Supplied records: Begin
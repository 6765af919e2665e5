-- ===== src/Retry/Up.antt =====
-- heap.up restores the order of a heap with one event too low in the tree.
use mathlib.Core.Logic.{◌≢◌}
use mathlib.Core.List.Perm
use sse_eventbus_go.Prelude.{
  ℕ, zero, suc, ◌+◌, ◌≤◌, ◌<◌, refl, List, some, arith, ltb, ◌==◌, length,
}
use sse_eventbus_go.Retry.{RetryEvent, parent, up_loop, up}
use sse_eventbus_go.Retry.Array.{swapped, at-swapped, length-swapped, swap-eq-swapped}
use sse_eventbus_go.Retry.Order.{
  Gives, gives, Gives-if, key, AllBounded, less-key, IsBridged, Sifted, Sifted-swapped,
  swapped-AllBounded,
}

-- Only the edge above `j` may be out of order.
pub record UpInv (h : List RetryEvent) (j : ℕ) : Type 0 where
  pub inside : j < length h
  pub edges : (c : ℕ) → 0 < c → c < length h → c ≢ j → key h (parent c) ≤ key h c
  pub bridged : IsBridged 0 (length h) h j
  pub bounded : AllBounded h

swapped-UpInv :
    (h : List RetryEvent) (j : ℕ)
    → UpInv h j
    → 0 < j
    → key h j < key h (parent j)
    → UpInv (swapped h (parent j) j) (parent j)
swapped-UpInv h j v pos_ below =
    let above : parent j < length h = omega (arith, v.inside) in
    let size = length-swapped h (parent j) j in
    let moved = at-swapped h (parent j) j above v.inside in
    record {
      inside = omega (arith, size);
      edges = λ c p q r.
          ground
            (arith, size, moved c, moved (parent c), v.edges c, v.bridged c, v.edges (parent c));
      bridged = λ c p q r s t.
          ground (arith, size, moved c, moved (parent (parent j)), v.edges c, v.edges (parent j));
      bounded = swapped-AllBounded h (parent j) j above v.inside v.bounded;
    }

up_loop_restores :
    (fuel : ℕ) (h : List RetryEvent) (j : ℕ)
    → j < fuel
    → UpInv h j
    → Gives (Sifted 0 (length h) h) (up_loop fuel h j)
unfolding up_loop
up_loop_restores zero h j f v = absurd (omega arith)
up_loop_restores (suc fuel) h j f v =
    let above : parent j < length h = omega (arith, v.inside) in
    rw
      (
        less-key h j (parent j) v.bounded v.inside above,
        swap-eq-swapped h (parent j) j above v.inside,
      )
      (Gives-if (parent j == j) (λ root. settled (λ c p q r. v.edges c p q (ground arith)))
        (λ deep.
          Gives-if (ltb (key h j) (key h (parent j)))
            (λ below. Sifted-swapped above v.inside (omega arith) (
              rw (length-swapped h (parent j) j) at (
                up_loop_restores fuel (swapped h (parent j) j) (parent j) (ground arith)
                  (swapped-UpInv h j v (ground arith) (ground arith)))))
            (λ fits. settled (λ c p q r. ground (arith, v.edges c)))))
  where
    settled :
        ((c : ℕ) → 0 < c → c < length h → 0 ≤ parent c → key h (parent c) ≤ key h c)
        → Gives (Sifted 0 (length h) h) (some h)
    settled o = gives (record {
      ordered = o;
      same = Perm.rfl;
      others = λ c p. refl;
      bounded = v.bounded;
      size = refl;
    })

-- heap.up ends, without a panic, with a heap of the same events.
pub up_restores : (h : List RetryEvent) (j : ℕ) → UpInv h j → Gives (Sifted 0 (length h) h) (up h j)
unfolding up
up_restores h j v = up_loop_restores (j + 1) h j (omega arith) v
Supplied records: End
Activity: Exact repetition of every entry in the data is required.

Exercise answer:
repository 6765af919e2665e5
-- ===== src/Retry/Up.antt =====
-- heap.up restores the order of a heap with one event too low in the tree.
use mathlib.Core.Logic.{◌≢◌}
use mathlib.Core.List.Perm
use sse_eventbus_go.Prelude.{
  ℕ, zero, suc, ◌+◌, ◌≤◌, ◌<◌, refl, List, some, arith, ltb, ◌==◌, length,
}
use sse_eventbus_go.Retry.{RetryEvent, parent, up_loop, up}
use sse_eventbus_go.Retry.Array.{swapped, at-swapped, length-swapped, swap-eq-swapped}
use sse_eventbus_go.Retry.Order.{
  Gives, gives, Gives-if, key, AllBounded, less-key, IsBridged, Sifted, Sifted-swapped,
  swapped-AllBounded,
}

-- Only the edge above `j` may be out of order.
pub record UpInv (h : List RetryEvent) (j : ℕ) : Type 0 where
  pub inside : j < length h
  pub edges : (c : ℕ) → 0 < c → c < length h → c ≢ j → key h (parent c) ≤ key h c
  pub bridged : IsBridged 0 (length h) h j
  pub bounded : AllBounded h

swapped-UpInv :
    (h : List RetryEvent) (j : ℕ)
    → UpInv h j
    → 0 < j
    → key h j < key h (parent j)
    → UpInv (swapped h (parent j) j) (parent j)
swapped-UpInv h j v pos_ below =
    let above : parent j < length h = omega (arith, v.inside) in
    let size = length-swapped h (parent j) j in
    let moved = at-swapped h (parent j) j above v.inside in
    record {
      inside = omega (arith, size);
      edges = λ c p q r.
          ground
            (arith, size, moved c, moved (parent c), v.edges c, v.bridged c, v.edges (parent c));
      bridged = λ c p q r s t.
          ground (arith, size, moved c, moved (parent (parent j)), v.edges c, v.edges (parent j));
      bounded = swapped-AllBounded h (parent j) j above v.inside v.bounded;
    }

up_loop_restores :
    (fuel : ℕ) (h : List RetryEvent) (j : ℕ)
    → j < fuel
    → UpInv h j
    → Gives (Sifted 0 (length h) h) (up_loop fuel h j)
unfolding up_loop
up_loop_restores zero h j f v = absurd (omega arith)
up_loop_restores (suc fuel) h j f v =
    let above : parent j < length h = omega (arith, v.inside) in
    rw
      (
        less-key h j (parent j) v.bounded v.inside above,
        swap-eq-swapped h (parent j) j above v.inside,
      )
      (Gives-if (parent j == j) (λ root. settled (λ c p q r. v.edges c p q (ground arith)))
        (λ deep.
          Gives-if (ltb (key h j) (key h (parent j)))
            (λ below. Sifted-swapped above v.inside (omega arith) (
              rw (length-swapped h (parent j) j) at (
                up_loop_restores fuel (swapped h (parent j) j) (parent j) (ground arith)
                  (swapped-UpInv h j v (ground arith) (ground arith)))))
            (λ fits. settled (λ c p q r. ground (arith, v.edges c)))))
  where
    settled :
        ((c : ℕ) → 0 < c → c < length h → 0 ≤ parent c → key h (parent c) ≤ key h c)
        → Gives (Sifted 0 (length h) h) (some h)
    settled o = gives (record {
      ordered = o;
      same = Perm.rfl;
      others = λ c p. refl;
      bounded = v.bounded;
      size = refl;
    })

-- heap.up ends, without a panic, with a heap of the same events.
pub up_restores : (h : List RetryEvent) (j : ℕ) → UpInv h j → Gives (Sifted 0 (length h) h) (up h j)
unfolding up
up_restores h j v = up_loop_restores (j + 1) h j (omega arith) v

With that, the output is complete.